Excel Tool for TEOS-10 Calculations

A newly developed Excel program (GSW_Sys_v1.0.xlsm)¹ uses the International Thermodynamic Equation of Seawater – 2010 (TEOS-10) to calculate depth (unit: meter) [or pressure (unit: dbar), depending on the input], Absolute Salinity (S_A, unit: g/kg), Conservative Temperature (Θ, unit: degree Celsius), potential temperature (θ, unit: degree Celsius), and potential density anomaly (σ_θ, unit: kg m^–3) from input of location (latitude and longitude), depth or pressure, practical salinity, and temperature. The name GSW derives from the Gibbs SeaWater (GSW) oceanographic toolbox that was developed by McDougall and Barker (2011). The Excel program also calculates apparent oxygen utilization (AOU) and percent oxygen saturation using the expression in Garcia and Gordon (1992). This tool should be cited as Pierrot et al. (2021). For more information about TEOS-10, refer to section “TEOS-10” of the Supplementary Material.

fCO2_Calc Program to Calculate pCO₂ and fCO₂ From xCO₂

A newly developed fCO2_Calc program² is also presented to standardize the calculation of partial pressure of carbon dioxide (pCO₂) and fugacity of carbon dioxide (fCO₂) from molecular ratio (mole fraction) of carbon dioxide in dry air (xCO₂) measurements. fCO₂ at the temperature of equilibration is calculated according to Wanninkhof and Thoning (1993); Dickson et al. (2007), and Pierrot et al. (2009). Water vapor pressure inside the headspace (pH₂O) is calculated with the equation of Weiss and Price (1980).

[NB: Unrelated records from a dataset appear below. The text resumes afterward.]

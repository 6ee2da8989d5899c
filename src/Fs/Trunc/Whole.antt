-- ===== src/Fs/Trunc/Whole.antt =====
-- `itrunc`: all its loops together are one loop over the slots of the file.
use os_playground.Base.{
  ℕ, ◌+◌, ◌-◌, ◌≤◌, ◌<◌, ◌≡◌, ◌≢◌, refl, sym, ap, ap₂, subst, ◌∙◌, true, false, Option, none, some,
  ltb, leb, ◌==◌, ◌&&◌, if◌then◌else◌, update, update_self, update_ne, arith, ℕ_discrete, ==_ne,
  ==_iff, fun_ext,
}
use os_playground.Bio.{Block}
use os_playground.Fs.{Fs, Inode, put_block, iblock, get_word, nindirect, bfree}
use os_playground.Fs.Bitmap.{is_used, meta_end, IsFormatted}
use os_playground.Fs.Map.{slot, nslots, IsFile, with_disk}
use os_playground.Fs.Map.Direct.{slot_direct, slot_entry, slot_none}
use os_playground.Fs.Rw.{put_dinode, dinode_at, iupdate}
use os_playground.Fs.Rw.Meta.{put_dinode-bytes, meta_used, meta-IsFormatted, data_ne}
use os_playground.Fs.Trunc.{
  then_free, free_range, free_direct, no_indirect, free_indirect, emptied, itrunc,
}
use os_playground.Fs.Trunc.Range.{IsRange, IsRangeFreed, free_range_lem}
use os_playground.Fs.Trunc.Loops.{
  free_range_shift, free_range_add, free_range_none, attach, clear, free_direct_lem,
}

-- The slots in the order in which `itrunc` frees them: the indirect block comes last.
abbrev place : ℕ → ℕ
place k = if ltb k 12 then k else if ltb k 140 then k + 1 else 12

place_lt : (k : ℕ) → k < nslots → place k < nslots
place_lt k l = ground arith

place_inj : (i j : ℕ) → i < nslots → j < nslots → place i ≡ place j → i ≡ j
place_inj i j l m e = ground arith

-- Where slot `k` stands in this order.
abbrev turn : ℕ → ℕ
turn k = if ltb k 12 then k else if k == 12 then 140 else k - 1

turn_lt : (k : ℕ) → k < nslots → turn k < nslots
turn_lt k l = ground arith

place-turn : (k : ℕ) → k < nslots → place (turn k) ≡ k
place-turn k l = ground arith

-- What `itrunc` makes of a file: its addresses are cleared, its blocks and no others have become free, and
-- no block of data has changed.
pub record IsTruncated (ip : Inode) (s : Fs) (f : ℕ → ℕ) (t : Fs) : Type 0 where
  pub no_blocks : (k : ℕ) → k ≤ 12 → f k ≡ 0
  pub formatted : IsFormatted t
  pub freed :
      (k : ℕ) → k < nslots → slot ip.addrs s.disk k ≢ 0 → is_used t (slot ip.addrs s.disk k) ≡ false
  pub others :
      (b : ℕ) → ((k : ℕ) → k < nslots → slot ip.addrs s.disk k ≢ b) → is_used t b ≡ is_used s b
  pub data_kept : (b : ℕ) → b < s.sb.size → meta_end s ≤ b → t.disk b ≡ s.disk b

module _ (ip : Inode) (s : Fs) (formatted : IsFormatted s) (file : IsFile ip.addrs s) where
  abbrev ordered : ℕ → ℕ
  ordered k = slot ip.addrs s.disk (place k)

  -- The first `n` slots of the order.
  ordered-IsRange : (n : ℕ) → n ≤ nslots → IsRange ordered 0 (0 + n) s
  ordered-IsRange n m = record {
    data_block = λ j _ l ne. file.data_block (place j) (place_lt j (omega arith)) ne;
    inside = λ j _ l ne. file.inside (place j) (place_lt j (omega arith)) ne;
    in_use = λ j _ l ne. file.in_use (place j) (place_lt j (omega arith)) ne;
    apart = λ i j _ l _ h ne e.
        place_inj i j (omega arith) (omega arith) (
          file.apart (place i) (place j) (place_lt i (omega arith)) (place_lt j (omega arith)) ne
            e);
  }

  ordered_direct : (k : ℕ) → k < 12 → ip.addrs k ≡ ordered k
  ordered_direct k l =
      sym (ap (slot ip.addrs s.disk) (at k l) ∙ slot_direct ip.addrs s.disk k (omega arith))
    where
      at : (k : ℕ) → k < 12 → place k ≡ k
      at k l = ground arith

  ordered_entry : (k : ℕ) → k < 128 → ordered (12 + k) ≡ slot ip.addrs s.disk (k + 13)
  ordered_entry k l = ap (slot ip.addrs s.disk) (at k l)
    where
      at : (k : ℕ) → k < 128 → place (12 + k) ≡ k + 13
      at k l = ground arith

  direct_disk :
      (disk : ℕ → Block) × (free_range ordered 0 12 s ≡ some (with_disk disk s))
      × IsRangeFreed ordered 0 12 s disk
  direct_disk = free_range_lem ordered 0 12 s formatted (ordered-IsRange 12 (omega arith))

  all_disk :
      (disk : ℕ → Block) × (free_range ordered 0 141 s ≡ some (with_disk disk s))
      × IsRangeFreed ordered 0 141 s disk
  all_disk = free_range_lem ordered 0 141 s formatted (ordered-IsRange 141 (omega arith))

  -- After the direct blocks, the rest of the order is left.
  rest_lem : free_range ordered 12 129 (with_disk direct_disk.0 s) ≡ some (with_disk all_disk.0 s)
  rest_lem =
      sym (ap (then_free (free_range ordered 12 129)) direct_disk.1)
      ∙ sym (free_range_add ordered 0 12 129 s)
      ∙ all_disk.1

  cleared_low : (k : ℕ) → k < 12 → clear 0 12 ip.addrs k ≡ 0
  cleared_low k l =
      let e : leb 0 k && ltb k (0 + 12) ≡ true = ground arith in
      ap (λ b. if b then 0 else ip.addrs k) e

  direct_lem :
      free_direct 0 12 ip s
      ≡ some (record ip { addrs = clear 0 12 ip.addrs }, with_disk direct_disk.0 s)
  direct_lem =
      free_direct_lem 0 12 ip s
      ∙ ap (attach ip (clear 0 12 ip.addrs))
          (free_range_shift ip.addrs ordered 0 0 12 (λ k l. direct_same k l) s ∙ direct_disk.1)
    where
      direct_same : (k : ℕ) → k < 12 → ip.addrs (0 + k) ≡ ordered (0 + k)
      direct_same k l =
          let e : 0 + k ≡ k = omega arith in ap ip.addrs e ∙ ordered_direct k l ∙ ap ordered (sym e)

  -- The indirect block, if there is one, still has its entries.
  entries_kept : ip.addrs 12 ≢ 0 → direct_disk.0 (ip.addrs 12) ≡ s.disk (ip.addrs 12)
  entries_kept ne =
      direct_disk.2.data_kept (ip.addrs 12)
        (subst (λ b. b < s.sb.size) here (file.inside 12 (omega arith) has))
        (subst (λ b. meta_end s ≤ b) here (file.data_block 12 (omega arith) has))
    where
      here : slot ip.addrs s.disk 12 ≡ ip.addrs 12
      here = slot_direct ip.addrs s.disk 12 (omega arith)

      has : slot ip.addrs s.disk 12 ≢ 0
      has z = ne (sym (slot_direct ip.addrs s.disk 12 (omega arith)) ∙ z)

  entries_lem :
      ip.addrs 12 ≢ 0
      → free_range ordered 12 128 (with_disk direct_disk.0 s)
        ≡ free_range (get_word (direct_disk.0 (ip.addrs 12))) 0 128 (with_disk direct_disk.0 s)
  entries_lem ne =
      free_range_shift ordered (get_word (direct_disk.0 (ip.addrs 12))) 12 0 128
        (λ k l.
          ordered_entry k l
          ∙ slot_entry ip.addrs s.disk (k + 13) (omega arith) ne
          ∙ ap₂ get_word (sym (entries_kept ne)) (omega arith))
        (with_disk direct_disk.0 s)

  last_lem : ip.addrs 12 ≢ 0 → (t : Fs) → free_range ordered 140 1 t ≡ bfree (ip.addrs 12) t
  unfolding free_range
  last_lem ne t =
      ap (λ x. if x == 0 then some t else then_free (λ u. some u) (bfree x t))
        (slot_direct ip.addrs s.disk 12 (omega arith))
      ∙ ap (λ b. if b then some t else then_free (λ u. some u) (bfree (ip.addrs 12) t))
          (==_ne (ip.addrs 12) 0 ne)
      ∙ same (bfree (ip.addrs 12) t)
    where
      same : (o : Option Fs) → then_free (λ u. some u) o ≡ o
      same none = refl
      same (some u) = refl

  indirect_lem :
      (f : ℕ → ℕ) × (free_indirect (free_direct 0 12 ip s)
        ≡ some (record ip { addrs = f }, with_disk all_disk.0 s))
      × ((k : ℕ) → k ≤ 12 → f k ≡ 0)
  unfolding free_indirect
  indirect_lem = elim (ℕ_discrete (ip.addrs 12) 0) [
    | yes z ↦ (
      clear 0 12 ip.addrs,
      ap free_indirect direct_lem
          ∙ ap
              (λ b.
                if b
                then some (record ip { addrs = clear 0 12 ip.addrs }, with_disk direct_disk.0 s)
                else no_indirect (record ip { addrs = clear 0 12 ip.addrs })
                    (then_free (bfree (ip.addrs 12)) (
                      free_range (get_word (direct_disk.0 (ip.addrs 12))) 0 nindirect
                        (with_disk direct_disk.0 s))))
              ((==_iff (ip.addrs 12) 0).1 z)
          ∙ ap (attach ip (clear 0 12 ip.addrs)) (
              sym (
                free_range_none ordered 12 129 (with_disk direct_disk.0 s)
                  (λ k l h. nothing z k l h))
              ∙ rest_lem),
      λ k l. elim (ℕ_discrete k 12) [
        | yes e ↦ ap (clear 0 12 ip.addrs) e ∙ z
        | no other ↦ cleared_low k (omega arith)
      ],
    )
    | no ne ↦ (
      update (clear 0 12 ip.addrs) 12 0,
      ap free_indirect direct_lem
          ∙ ap
              (λ b.
                if b
                then some (record ip { addrs = clear 0 12 ip.addrs }, with_disk direct_disk.0 s)
                else no_indirect (record ip { addrs = clear 0 12 ip.addrs })
                    (then_free (bfree (ip.addrs 12)) (
                      free_range (get_word (direct_disk.0 (ip.addrs 12))) 0 nindirect
                        (with_disk direct_disk.0 s))))
              (==_ne (ip.addrs 12) 0 ne)
          ∙ ap (no_indirect (record ip { addrs = clear 0 12 ip.addrs })) (chain ne),
      λ k l. elim (ℕ_discrete k 12) [
        | yes e ↦ ap (update (clear 0 12 ip.addrs) 12 0) e ∙ update_self (clear 0 12 ip.addrs) 12 0
        | no other ↦ update_ne (clear 0 12 ip.addrs) 12 k 0 other ∙ cleared_low k (omega arith)
      ],
    )
  ]
    where
      nothing : ip.addrs 12 ≡ 0 → (k : ℕ) → 12 ≤ k → k < 12 + 129 → ordered k ≡ 0
      nothing z k l h = elim (ℕ_discrete k 140) [
        | yes e ↦ ap ordered e ∙ slot_direct ip.addrs s.disk 12 (omega arith) ∙ z
        | no other ↦
            ap (slot ip.addrs s.disk) (next k l (omega arith))
            ∙ slot_none ip.addrs s.disk (k + 1) (omega arith) z
      ]
        where
          next : (k : ℕ) → 12 ≤ k → k < 140 → place k ≡ k + 1
          next k l h = ground arith

      chain :
          ip.addrs 12 ≢ 0
          → then_free (bfree (ip.addrs 12)) (
              free_range (get_word (direct_disk.0 (ip.addrs 12))) 0 128 (with_disk direct_disk.0 s))
            ≡ some (with_disk all_disk.0 s)
      chain ne =
          ap₂ then_free (sym (fun_ext (last_lem ne))) (sym (entries_lem ne))
          ∙ sym (free_range_add ordered 12 128 1 (with_disk direct_disk.0 s))
          ∙ rest_lem

-- `itrunc` of a sound file on a formatted disk frees no block that is free, so that `bfree` never panics: it
-- clears all addresses and the size, frees every block of the file and no other block, and leaves all blocks
-- of data and the format alone.
pub itrunc_lem :
    (ip : Inode) (s : Fs)
    → IsFormatted s
    → IsFile ip.addrs s
    → ip.inum < s.sb.ninodes
    → (f : ℕ → ℕ) × (t : Fs) × (itrunc ip s ≡ some (record ip { addrs = f; size = 0 }, t))
      × IsTruncated ip s f t
unfolding itrunc iupdate
itrunc_lem ip s formatted file small =
    let all = all_disk ip s formatted file in
    let done = indirect_lem ip s formatted file in
    let mid = with_disk all.0 s in
    let gone = record ip { addrs = done.0; size = 0 } in
    let inodes = put_dinode (dinode_at gone) gone (mid.disk (iblock ip.inum s.sb)) in
    let plain =
      put_dinode-bytes (dinode_at gone) gone (mid.disk (iblock ip.inum s.sb))
        (all.2.formatted.bytes (iblock ip.inum s.sb)) in
    let before = formatted.inodes ip.inum small in
    (
      done.0,
      put_block (iblock ip.inum s.sb) inodes mid,
      ap emptied done.1,
      record {
        no_blocks = done.2;
        formatted = meta-IsFormatted mid (iblock ip.inum s.sb) inodes all.2.formatted before plain;
        freed = λ k l ne.
            meta_used mid (iblock ip.inum s.sb) inodes all.2.formatted before plain
              (slot ip.addrs s.disk k)
            ∙ subst (λ j. slot ip.addrs s.disk j ≢ 0 → is_used mid (slot ip.addrs s.disk j) ≡ false)
                (place-turn k l) (all.2.gone (turn k) (omega arith) (turn_lt k l)) ne;
        others = λ b apart.
            meta_used mid (iblock ip.inum s.sb) inodes all.2.formatted before plain b
            ∙ all.2.rest b (λ j _ l. apart (place j) (place_lt j l));
        data_kept = λ b l m.
            update_ne mid.disk (iblock ip.inum s.sb) b inodes
              (data_ne mid (iblock ip.inum s.sb) inodes all.2.formatted before plain b m l)
            ∙ all.2.data_kept b l m;
      },
    )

Updated CO2SYS and Seacarb

The CO2SYS (Lewis and Wallace, 1998; Pierrot et al., 2006; van Heuven et al., 2011) and seacarb (Proye and Gattuso, 2003; Gattuso and Lavigne, 2009) programs have been widely used to calculate seawater CO₂ system parameters. The versions that are being released in this paper (Table 4) are updated to enable:

TABLE 4

Table 4. Updated programs that are being released in this manuscript.

(a) The use of carbonate ion content ([CO₃^2–]), bicarbonate ion content ([HCO₃^–]), and aqueous CO₂ content ([CO₂*]) as input parameters,

(b) The inclusion of hydrogen sulfide (H₂S) and ammonium (NH₄^–) equilibria in the alkalinity-pH equation (Hagens and Middelburg, 2016; Xu et al., 2017) and,

(c) Full uncertainty propagation functions.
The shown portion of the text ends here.